In fact, one zero at the end of the text is enough, the other will be inserted 
by EVEN.
So, once you have established the text string to display, just see how to copy 
the right characters to the right place.
I now propose the routine that prints a character:

PRINT:
	LEA	TESTO(PC),A0	; Address of the text to be printed in a0
	LEA	BITPLANE,A3	; Destination bitplane address in a3
	MOVEQ	#0,D2		; Clear d2
	MOVE.B	(A0),D2		; Next character in d2
	SUB.B	#$20,D2		; REMOVE 32 FROM THE ASCII VALUE OF THE
				; CHARACTER, SO AS TO TRANSFORM, FOR EXAMPLE,
				; THAT OF THE SPACE (which is $20), into $00,
				; that OF THE ASTERISK ($21), into $01 ...
	MULU.W	#8,D2		; MULTIPLY THE PREVIOUS NUMBER BY 8,
				; the characters being 8 pixels high
	MOVE.L	D2,A2
	ADD.L	#FONT,A2	; FIND YOUR DESIRED CHARACTER IN THE FONT ...

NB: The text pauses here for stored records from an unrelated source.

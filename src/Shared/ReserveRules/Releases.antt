-- ===== src/Shared/ReserveRules/Releases.antt =====
-- The releases of a reserve, one for each contribution unit paid after the payout.
use myturn_webportal.Prelude.{
  ℕ, zero, suc, ◌+◌, ◌-◌, ◌*◌, ◌/◌, ◌≤◌, ◌<◌, ◌≡◌, ap, ◌∙◌, List, [], ◌∷◌, arith, sum,
}
use myturn_webportal.Shared.ReserveRules.{next_reserve_release_minor}

-- The amounts of `n` releases in a row, each from what the last one left.
unfoldable pub releases : ℕ → ℕ → ℕ → ℕ → ℕ → List ℕ
releases original units zero remaining released = []
releases original units (suc n) remaining released =
    let r = next_reserve_release_minor original remaining units released in
    r ∷ releases original units n (remaining - r) (released + 1)

next_release-before_last :
    (original remaining units released : ℕ)
    → released + 1 < units
    → original / units ≤ remaining
    → next_reserve_release_minor original remaining units released ≡ original / units
unfolding next_reserve_release_minor
next_release-before_last original remaining units released more enough = ground arith

releases-sum :
    (original units n remaining released : ℕ)
    → released + suc n ≡ units
    → n * (original / units) ≤ remaining
    → sum (releases original units (suc n) remaining released) ≡ remaining
unfolding releases next_reserve_release_minor
releases-sum original units zero remaining released e h = ground arith
releases-sum original units (suc n) remaining released e h =
    let r = next_reserve_release_minor original remaining units released in
    let per_unit : r ≡ original / units =
      next_release-before_last original remaining units released (omega arith) (omega arith) in
    ap (λ t. r + t)
      (releases-sum original units n (remaining - r) (released + 1) (omega arith) (omega arith))
    ∙ omega arith

share-below : (m n : ℕ) → n * (m / suc n) ≤ m
share-below m n = grind arith

-- Releases in a row, each from what the last one left, release the whole original amount, to the
-- last minor unit, in as many releases as there are units.
pub releases_complete :
    (original units : ℕ) → 1 ≤ units → sum (releases original units units original 0) ≡ original
releases_complete original zero h = absurd (omega arith)
releases_complete original (suc n) h =
    releases-sum original (suc n) n original 0 (omega arith) (share-below original n)

-- A release before the last does not look at what remains: when a default has used up the reserve
-- to less than one unit's share, the next release is of more than is left.
pub next_reserve_release_minor-exceeds :
    (original remaining units released : ℕ)
    → 1 ≤ remaining
    → remaining < original / units
    → released + 1 < units
    → remaining < next_reserve_release_minor original remaining units released
unfolding next_reserve_release_minor
next_reserve_release_minor-exceeds original remaining units released some_left short more =
    ground arith
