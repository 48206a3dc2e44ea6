-- ===== src/Oneshot.antt =====
-- The one-shot channel of the `tokio` crate, as the code uses one: a value is sent at most once, from
-- one sender to one receiver.
pub mod Slot
use tellus.Prelude.{◌≡◌, Bool, true, false, Result, ok, err}

-- What a receiver that is polled shows.
pub data Polled (T : Type 0) : Type 0 where
  pending : Polled T
  ready : T → Polled T
  closed : Polled T

pub record Oneshot (T : Type 0) : Type 1 where
  pub Chan : Type 0
  pub channel : Chan
  -- A send that fails gives the value back. The sender is used up.
  pub send : Chan → T → Result (Unit {0}) T × Chan
  pub drop_sender : Chan → Chan
  pub drop_receiver : Chan → Chan
  pub poll : Chan → Polled T

-- What the documentation of the crate says: a send succeeds exactly while the receiver is there, which
-- then gets the value; and the receiver learns of a sender that is dropped without a value.
pub record IsOneshot {T : Type 0} (O : Oneshot T) : Type 0 where
  pub has_receiver : O.Chan → Bool
  pub new_channel : (O.poll O.channel ≡ pending) × (has_receiver O.channel ≡ true)
  pub send_received :
      (c : O.Chan) (x : T)
      → O.poll c ≡ pending
      → has_receiver c ≡ true
      → ((O.send c x).0 ≡ ok tt) × (O.poll (O.send c x).1 ≡ ready x)
  pub send_refused : (c : O.Chan) (x : T) → has_receiver c ≡ false → (O.send c x).0 ≡ err x
  pub poll-drop_sender : (c : O.Chan) → O.poll c ≡ pending → O.poll (O.drop_sender c) ≡ closed
  pub has_receiver-drop_receiver : (c : O.Chan) → has_receiver (O.drop_receiver c) ≡ false
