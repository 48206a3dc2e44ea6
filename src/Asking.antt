-- ===== src/Asking.antt =====
-- tellus/src/actor_ref.rs and tellus/src/ask.rs: `tell`, `reply_to` and `ask`, and the dead letters
-- that are logged. The replies of one `ask` go through a one-shot channel, which the asker polls until
-- the reply is there or the time is over.
pub mod Settling
pub mod Ending
pub mod Replies
pub mod Telling
mod Tests
use tellus.Prelude.{
  ℕ, Bool, true, false, Option, none, some, List, [], ◌∷◌, ◌++◌, Result, ok, err, if◌then◌else◌,
}
use tellus.Backoff.{Duration}
use tellus.Actor.{ActorId, Incoming}
use tellus.Channel.{Channel}
use tellus.Quota.{Shared}
use tellus.Mailbox.{SendError, mailbox_full, is_terminated, try_send_message}
use tellus.Oneshot.{Oneshot, Polled, pending, ready, closed}

-- What is logged of a message or a reply that is dropped.
pub data DeadLetter : Type 0 where
  undelivered : ActorId → SendError → DeadLetter
  not_awaited : ActorId → DeadLetter

pub data AskError : Type 0 where
  no_room : AskError
  gone : AskError
  no_reply : AskError
  timeout : Duration → AskError

-- `From<SendError>`
unfoldable pub ask_error : SendError → AskError
ask_error (mailbox_full e) = no_room
ask_error (is_terminated e) = gone

module _ {M : Type 0} (C : Channel (Incoming M)) (id : ActorId) where
  -- The actor's mailbox, and the log.
  abbrev pub Outgoing : Type 0
  Outgoing = Shared C × List DeadLetter

  logged : Result (Unit {0}) SendError → List DeadLetter → List DeadLetter
  logged (ok _) log = log
  logged (err e) log = log ++ undelivered id e ∷ []

  unfoldable pub tell : M → Outgoing → Outgoing
  unfolding logged
  tell message (s, log) = let (reply, s') = try_send_message C s message in (s', logged reply log)

  -- A `ReplyTo` made by `ActorContext::reply_to`, used with a reply.
  unfoldable pub reply_to : {R : Type 0} → (R → M) → R → Outgoing → Outgoing
  unfolding tell
  reply_to into_message reply s = tell (into_message reply) s

-- Where the `ReplyTo` of a request is: it can be used once, or dropped.
pub data ReplyTo (R : Type 0) : Type 0 where
  held : ReplyTo R
  replied : R → ReplyTo R
  dropped : ReplyTo R

-- The caller's side: it awaits the future of `ask`, has its result, or has dropped it before. While the
-- future is polled, it has found the receiver empty and looks at the clock, or it has what it resolves
-- with and drops the receiver.
pub data Asker (R : Type 0) : Type 0 where
  waiting : Asker R
  at_clock : Asker R
  dropping : Result R AskError → Asker R
  resolved : Result R AskError → Asker R
  given_up : Asker R

module _ {R : Type 0} (O : Oneshot R) (id : ActorId) (within : Duration) where
  pub record Asking : Type 0 where
    pub responder : ReplyTo R
    pub channel : O.Chan
    pub asker : Asker R
    pub log : List DeadLetter

  pub data Move : Type 0 where
    replies : R → Move
    drops_reply_to : Move
    -- The asker does its next step, before or after the time is over.
    polled : Bool → Move
    gives_up : Move

  -- A request that cannot be sent is dropped with its `ReplyTo`.
  unfoldable pub asked : Result (Unit {0}) SendError → Asking
  unfolding ask_error
  asked (ok _) = record { responder = held; channel = O.channel; asker = waiting; log = [] }
  asked (err e) = record {
    responder = dropped;
    channel = O.drop_receiver (O.drop_sender O.channel);
    asker = resolved (err (ask_error e));
    log = [];
  }

  unfoldable pub unless_sent : Result (Unit {0}) R → List DeadLetter → List DeadLetter
  unless_sent (ok _) log = log
  unless_sent (err r) log = log ++ not_awaited id ∷ []

  send_reply : R → ReplyTo R → Asking → Asking
  unfolding unless_sent
  send_reply r held a =
      let (sent, c) = O.send a.channel r in
      record a { responder = replied r; channel = c; log = unless_sent sent a.log }
  send_reply r (replied x) a = a
  send_reply r dropped a = a

  drop_reply_to : ReplyTo R → Asking → Asking
  drop_reply_to held a = record a { responder = dropped; channel = O.drop_sender a.channel }
  drop_reply_to (replied x) a = a
  drop_reply_to dropped a = a

  -- `timeout` polls the receiver before the clock. These and the drop of the receiver are a step each,
  -- since the responder may reply between them.
  poll_reply : Polled R → Asking → Asking
  poll_reply (ready r) a = record a { asker = dropping (ok r) }
  poll_reply closed a = record a { asker = dropping (err no_reply) }
  poll_reply pending a = record a { asker = at_clock }

  poll_clock : Bool → Asking → Asking
  poll_clock true a = record a { asker = dropping (err (timeout within)) }
  poll_clock false a = record a { asker = waiting }

  -- The future that has resolved is dropped, and the receiver with it.
  resolve : Result R AskError → Asking → Asking
  resolve r a = record a { asker = resolved r; channel = O.drop_receiver a.channel }

  poll_asker : Asker R → Bool → Asking → Asking
  unfolding poll_reply poll_clock resolve
  poll_asker waiting over a = poll_reply (O.poll a.channel) a
  poll_asker at_clock over a = poll_clock over a
  poll_asker (dropping r) over a = resolve r a
  poll_asker (resolved r) over a = a
  poll_asker given_up over a = a

  -- The caller can drop the future only between two polls.
  give_up : Asker R → Asking → Asking
  give_up waiting a = record a { asker = given_up; channel = O.drop_receiver a.channel }
  give_up at_clock a = a
  give_up (dropping r) a = a
  give_up (resolved r) a = a
  give_up given_up a = a

  unfoldable pub step : Move → Asking → Asking
  unfolding send_reply drop_reply_to poll_asker give_up
  step (replies r) a = send_reply r a.responder a
  step drops_reply_to a = drop_reply_to a.responder a
  step (polled over) a = poll_asker a.asker over a
  step gives_up a = give_up a.asker a

  abbrev pub run : List Move → Asking → Asking
  run [] a = a
  run (m ∷ ms) a = run ms (step m a)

				; WE PRINT THE FONT LINE BY LINE
	MOVE.B	(A2)+,(A3)	; prints LINE 1 of the character
	MOVE.B	(A2)+,40(A3)	; print LINE 2 " "
	MOVE.B	(A2)+,40*2(A3)	; print LINE 3 " "
	MOVE.B	(A2)+,40*3(A3)	; print LINE 4 " "
	MOVE.B	(A2)+,40*4(A3)	; print LINE 5  " "
	MOVE.B	(A2)+,40*5(A3)	; print LINE 6  " "
	MOVE.B	(A2)+,40*6(A3)	; print LINE 7  " "
	MOVE.B	(A2)+,40*7(A3)	; print LINE 8  " "

	RTS

Have you already understood???
Let's analyze it point by point:

	LEA	TESTO(PC),A0	; Address of the text to be printed in a0
	LEA	BITPLANE,A3	; Destination bitplane address in a3
	MOVEQ	#0,D2		; Clear d2
	MOVE.B	(A0),D2		; Next character in d2

So far there are no problems, we have the value of the character in d2, if it 
were an "A", then we have $41 in d2

	SUB.B	#$20,D2		; REMOVE 32 FROM THE ASCII VALUE OF THE
				; CHARACTER, SO AS TO TRANSFORM, FOR EXAMPLE,
				; THAT OF THE SPACE (which is $20), into $00,
				; that OF THE ASTERISK ($21), into $01 ...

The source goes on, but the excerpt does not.